** MATERIAL FOR THE TASK **
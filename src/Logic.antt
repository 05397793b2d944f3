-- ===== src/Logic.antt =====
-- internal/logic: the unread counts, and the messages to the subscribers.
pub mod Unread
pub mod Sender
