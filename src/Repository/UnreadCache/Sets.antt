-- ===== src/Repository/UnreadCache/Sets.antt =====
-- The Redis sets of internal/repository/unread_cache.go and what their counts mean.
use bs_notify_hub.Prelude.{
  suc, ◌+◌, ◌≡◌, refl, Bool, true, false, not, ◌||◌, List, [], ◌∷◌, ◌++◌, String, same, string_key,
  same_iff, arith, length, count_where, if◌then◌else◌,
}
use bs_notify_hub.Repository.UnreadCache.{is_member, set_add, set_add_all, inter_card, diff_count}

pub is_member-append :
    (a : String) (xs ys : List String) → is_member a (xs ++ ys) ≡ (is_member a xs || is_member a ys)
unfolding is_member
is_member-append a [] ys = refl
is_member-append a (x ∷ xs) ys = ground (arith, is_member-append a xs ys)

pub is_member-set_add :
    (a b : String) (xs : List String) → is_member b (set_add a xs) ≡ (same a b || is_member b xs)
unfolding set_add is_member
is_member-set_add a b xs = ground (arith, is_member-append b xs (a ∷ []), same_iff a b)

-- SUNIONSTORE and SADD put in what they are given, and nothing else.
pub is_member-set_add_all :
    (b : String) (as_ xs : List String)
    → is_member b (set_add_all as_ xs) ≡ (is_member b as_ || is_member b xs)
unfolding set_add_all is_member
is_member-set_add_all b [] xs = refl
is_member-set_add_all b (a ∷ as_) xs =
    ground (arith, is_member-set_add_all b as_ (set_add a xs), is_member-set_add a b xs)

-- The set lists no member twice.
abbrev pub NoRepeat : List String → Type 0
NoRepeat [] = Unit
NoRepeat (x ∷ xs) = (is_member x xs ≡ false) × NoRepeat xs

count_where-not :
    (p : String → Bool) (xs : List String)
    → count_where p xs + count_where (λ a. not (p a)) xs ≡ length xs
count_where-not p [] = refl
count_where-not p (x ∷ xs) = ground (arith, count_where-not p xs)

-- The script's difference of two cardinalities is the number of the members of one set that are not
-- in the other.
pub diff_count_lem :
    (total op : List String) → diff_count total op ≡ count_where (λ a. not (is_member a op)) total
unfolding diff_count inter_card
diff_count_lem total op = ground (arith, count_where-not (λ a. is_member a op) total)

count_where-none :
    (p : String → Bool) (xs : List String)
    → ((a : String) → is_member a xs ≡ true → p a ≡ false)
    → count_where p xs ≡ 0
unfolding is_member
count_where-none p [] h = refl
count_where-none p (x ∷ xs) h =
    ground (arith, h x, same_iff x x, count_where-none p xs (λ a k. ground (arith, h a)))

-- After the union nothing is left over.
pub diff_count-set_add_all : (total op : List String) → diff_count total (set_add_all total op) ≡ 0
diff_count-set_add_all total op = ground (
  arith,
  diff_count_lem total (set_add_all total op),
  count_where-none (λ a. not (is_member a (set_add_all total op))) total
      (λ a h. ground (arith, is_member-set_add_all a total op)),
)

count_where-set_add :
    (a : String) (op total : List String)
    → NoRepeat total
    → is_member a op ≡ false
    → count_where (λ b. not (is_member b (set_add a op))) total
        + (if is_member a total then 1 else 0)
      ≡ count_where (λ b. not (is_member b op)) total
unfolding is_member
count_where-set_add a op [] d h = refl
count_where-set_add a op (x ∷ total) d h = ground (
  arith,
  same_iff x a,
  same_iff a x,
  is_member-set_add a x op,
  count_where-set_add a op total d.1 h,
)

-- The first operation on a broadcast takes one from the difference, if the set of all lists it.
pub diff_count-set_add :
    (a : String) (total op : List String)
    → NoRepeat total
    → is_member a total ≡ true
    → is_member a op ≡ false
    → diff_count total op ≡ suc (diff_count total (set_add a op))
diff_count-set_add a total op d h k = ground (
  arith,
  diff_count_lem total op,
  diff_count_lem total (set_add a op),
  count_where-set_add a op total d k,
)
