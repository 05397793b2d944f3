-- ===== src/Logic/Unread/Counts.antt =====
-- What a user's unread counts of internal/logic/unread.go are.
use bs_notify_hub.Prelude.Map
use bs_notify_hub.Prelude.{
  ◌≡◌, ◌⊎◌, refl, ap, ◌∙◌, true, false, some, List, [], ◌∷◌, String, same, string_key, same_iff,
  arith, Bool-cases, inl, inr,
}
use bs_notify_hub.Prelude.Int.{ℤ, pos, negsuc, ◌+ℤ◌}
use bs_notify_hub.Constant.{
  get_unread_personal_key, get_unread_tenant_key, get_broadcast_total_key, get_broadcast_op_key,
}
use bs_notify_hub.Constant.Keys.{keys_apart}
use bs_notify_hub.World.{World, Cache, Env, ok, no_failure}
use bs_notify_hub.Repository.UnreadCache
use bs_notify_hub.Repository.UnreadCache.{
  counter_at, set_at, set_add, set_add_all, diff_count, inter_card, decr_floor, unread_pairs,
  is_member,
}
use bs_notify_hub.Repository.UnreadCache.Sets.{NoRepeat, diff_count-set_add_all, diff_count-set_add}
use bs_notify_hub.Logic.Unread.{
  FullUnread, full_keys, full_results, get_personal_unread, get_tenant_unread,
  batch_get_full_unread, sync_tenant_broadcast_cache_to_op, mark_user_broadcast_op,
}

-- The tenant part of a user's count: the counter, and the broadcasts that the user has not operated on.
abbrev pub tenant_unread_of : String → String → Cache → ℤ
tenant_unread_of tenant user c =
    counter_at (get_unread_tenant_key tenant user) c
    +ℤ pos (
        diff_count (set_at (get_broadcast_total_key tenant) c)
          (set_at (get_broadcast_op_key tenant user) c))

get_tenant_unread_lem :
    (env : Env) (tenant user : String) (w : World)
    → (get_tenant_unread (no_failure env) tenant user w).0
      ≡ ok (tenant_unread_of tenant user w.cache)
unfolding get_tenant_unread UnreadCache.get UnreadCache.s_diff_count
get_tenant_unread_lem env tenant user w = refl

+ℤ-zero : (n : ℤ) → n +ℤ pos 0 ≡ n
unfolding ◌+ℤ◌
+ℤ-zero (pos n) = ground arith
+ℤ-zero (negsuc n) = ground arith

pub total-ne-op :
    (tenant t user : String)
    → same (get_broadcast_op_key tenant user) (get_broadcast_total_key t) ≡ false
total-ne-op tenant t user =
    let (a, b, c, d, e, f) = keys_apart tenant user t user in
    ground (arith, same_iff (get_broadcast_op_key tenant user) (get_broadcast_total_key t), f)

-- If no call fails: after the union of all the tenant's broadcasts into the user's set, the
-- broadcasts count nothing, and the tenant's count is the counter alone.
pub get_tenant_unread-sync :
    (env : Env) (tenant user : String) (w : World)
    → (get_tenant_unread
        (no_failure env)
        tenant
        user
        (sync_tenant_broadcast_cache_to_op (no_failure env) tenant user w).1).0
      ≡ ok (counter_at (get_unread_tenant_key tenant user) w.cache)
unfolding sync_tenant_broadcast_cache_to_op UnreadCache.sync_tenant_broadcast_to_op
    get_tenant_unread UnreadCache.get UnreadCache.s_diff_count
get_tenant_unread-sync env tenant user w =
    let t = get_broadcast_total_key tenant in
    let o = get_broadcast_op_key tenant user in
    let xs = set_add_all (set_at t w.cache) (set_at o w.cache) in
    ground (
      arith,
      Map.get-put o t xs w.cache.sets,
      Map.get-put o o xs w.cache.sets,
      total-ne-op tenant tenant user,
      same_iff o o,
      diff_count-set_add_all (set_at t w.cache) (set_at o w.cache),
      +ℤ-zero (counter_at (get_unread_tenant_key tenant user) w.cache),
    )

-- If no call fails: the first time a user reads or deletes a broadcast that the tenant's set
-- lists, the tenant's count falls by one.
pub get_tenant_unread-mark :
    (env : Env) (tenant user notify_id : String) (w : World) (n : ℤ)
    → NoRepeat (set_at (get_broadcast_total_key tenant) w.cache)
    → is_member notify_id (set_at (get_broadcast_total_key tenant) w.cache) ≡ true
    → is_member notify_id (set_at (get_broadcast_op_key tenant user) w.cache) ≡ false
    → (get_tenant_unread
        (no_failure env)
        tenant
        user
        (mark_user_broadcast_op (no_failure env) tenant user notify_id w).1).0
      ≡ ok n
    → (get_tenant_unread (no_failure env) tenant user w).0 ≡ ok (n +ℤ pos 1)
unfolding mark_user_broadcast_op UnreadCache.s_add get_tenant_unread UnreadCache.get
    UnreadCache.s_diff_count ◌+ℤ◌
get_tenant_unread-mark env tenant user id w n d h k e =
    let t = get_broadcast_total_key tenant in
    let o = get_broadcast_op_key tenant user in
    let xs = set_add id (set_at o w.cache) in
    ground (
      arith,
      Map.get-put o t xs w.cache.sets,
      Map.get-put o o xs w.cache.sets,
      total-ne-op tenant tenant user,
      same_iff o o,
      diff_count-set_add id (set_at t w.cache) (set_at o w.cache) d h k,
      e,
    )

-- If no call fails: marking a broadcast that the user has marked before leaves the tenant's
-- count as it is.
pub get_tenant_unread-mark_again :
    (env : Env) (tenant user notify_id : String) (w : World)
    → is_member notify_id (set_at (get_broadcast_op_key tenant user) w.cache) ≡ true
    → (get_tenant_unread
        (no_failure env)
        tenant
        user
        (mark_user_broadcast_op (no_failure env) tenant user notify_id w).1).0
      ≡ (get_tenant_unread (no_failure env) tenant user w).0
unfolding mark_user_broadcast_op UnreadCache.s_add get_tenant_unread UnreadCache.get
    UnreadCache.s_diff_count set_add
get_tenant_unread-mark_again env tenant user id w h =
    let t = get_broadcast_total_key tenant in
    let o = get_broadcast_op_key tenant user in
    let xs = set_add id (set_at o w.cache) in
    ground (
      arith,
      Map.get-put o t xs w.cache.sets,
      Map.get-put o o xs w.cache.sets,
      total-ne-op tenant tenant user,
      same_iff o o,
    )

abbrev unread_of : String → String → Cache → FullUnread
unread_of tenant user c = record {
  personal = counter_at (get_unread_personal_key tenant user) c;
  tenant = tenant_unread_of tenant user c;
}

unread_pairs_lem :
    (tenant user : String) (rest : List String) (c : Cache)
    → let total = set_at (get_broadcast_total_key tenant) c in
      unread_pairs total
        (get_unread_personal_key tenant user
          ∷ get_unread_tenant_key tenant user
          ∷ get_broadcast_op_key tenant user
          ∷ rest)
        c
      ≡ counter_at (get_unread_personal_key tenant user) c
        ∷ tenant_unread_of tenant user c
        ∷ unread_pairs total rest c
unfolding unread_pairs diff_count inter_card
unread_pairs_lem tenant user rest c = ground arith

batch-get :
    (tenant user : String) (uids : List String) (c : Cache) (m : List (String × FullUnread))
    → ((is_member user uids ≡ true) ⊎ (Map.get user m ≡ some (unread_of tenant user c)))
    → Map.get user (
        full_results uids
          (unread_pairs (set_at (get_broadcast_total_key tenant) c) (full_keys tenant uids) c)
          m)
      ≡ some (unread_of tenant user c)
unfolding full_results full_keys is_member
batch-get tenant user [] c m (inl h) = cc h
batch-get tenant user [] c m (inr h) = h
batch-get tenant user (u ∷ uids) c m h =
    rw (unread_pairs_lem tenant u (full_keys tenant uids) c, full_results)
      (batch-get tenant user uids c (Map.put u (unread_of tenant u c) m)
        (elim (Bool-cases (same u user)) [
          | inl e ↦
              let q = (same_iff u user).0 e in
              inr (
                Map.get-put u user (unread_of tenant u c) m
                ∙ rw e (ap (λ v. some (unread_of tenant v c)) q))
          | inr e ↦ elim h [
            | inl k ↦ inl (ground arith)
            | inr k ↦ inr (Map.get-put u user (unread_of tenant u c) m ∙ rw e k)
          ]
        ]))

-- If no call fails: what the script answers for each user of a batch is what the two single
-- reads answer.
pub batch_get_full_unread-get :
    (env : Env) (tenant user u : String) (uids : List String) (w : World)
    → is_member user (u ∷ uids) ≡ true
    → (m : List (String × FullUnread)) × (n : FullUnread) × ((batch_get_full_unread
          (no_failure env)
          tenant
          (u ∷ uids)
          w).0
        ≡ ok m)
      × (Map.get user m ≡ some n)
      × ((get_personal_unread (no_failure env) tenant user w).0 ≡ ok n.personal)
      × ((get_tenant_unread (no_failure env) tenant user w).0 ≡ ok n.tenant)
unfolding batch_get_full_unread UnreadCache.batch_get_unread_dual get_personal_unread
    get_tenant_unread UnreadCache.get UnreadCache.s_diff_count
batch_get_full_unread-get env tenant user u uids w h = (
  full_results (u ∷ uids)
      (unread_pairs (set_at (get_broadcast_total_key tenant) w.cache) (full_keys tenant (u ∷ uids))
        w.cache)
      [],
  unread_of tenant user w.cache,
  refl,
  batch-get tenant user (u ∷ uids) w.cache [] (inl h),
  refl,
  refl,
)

** THE TASK **
Wherever a line in the data above holds the word "append", copy that line.

** RESULT FOR THIS TASK **
pub is_member-append :
is_member-append a [] ys = refl
is_member-append a (x ∷ xs) ys = ground (arith, is_member-append a xs ys)
is_member-set_add a b xs = ground (arith, is_member-append b xs (a ∷ []), same_iff a b)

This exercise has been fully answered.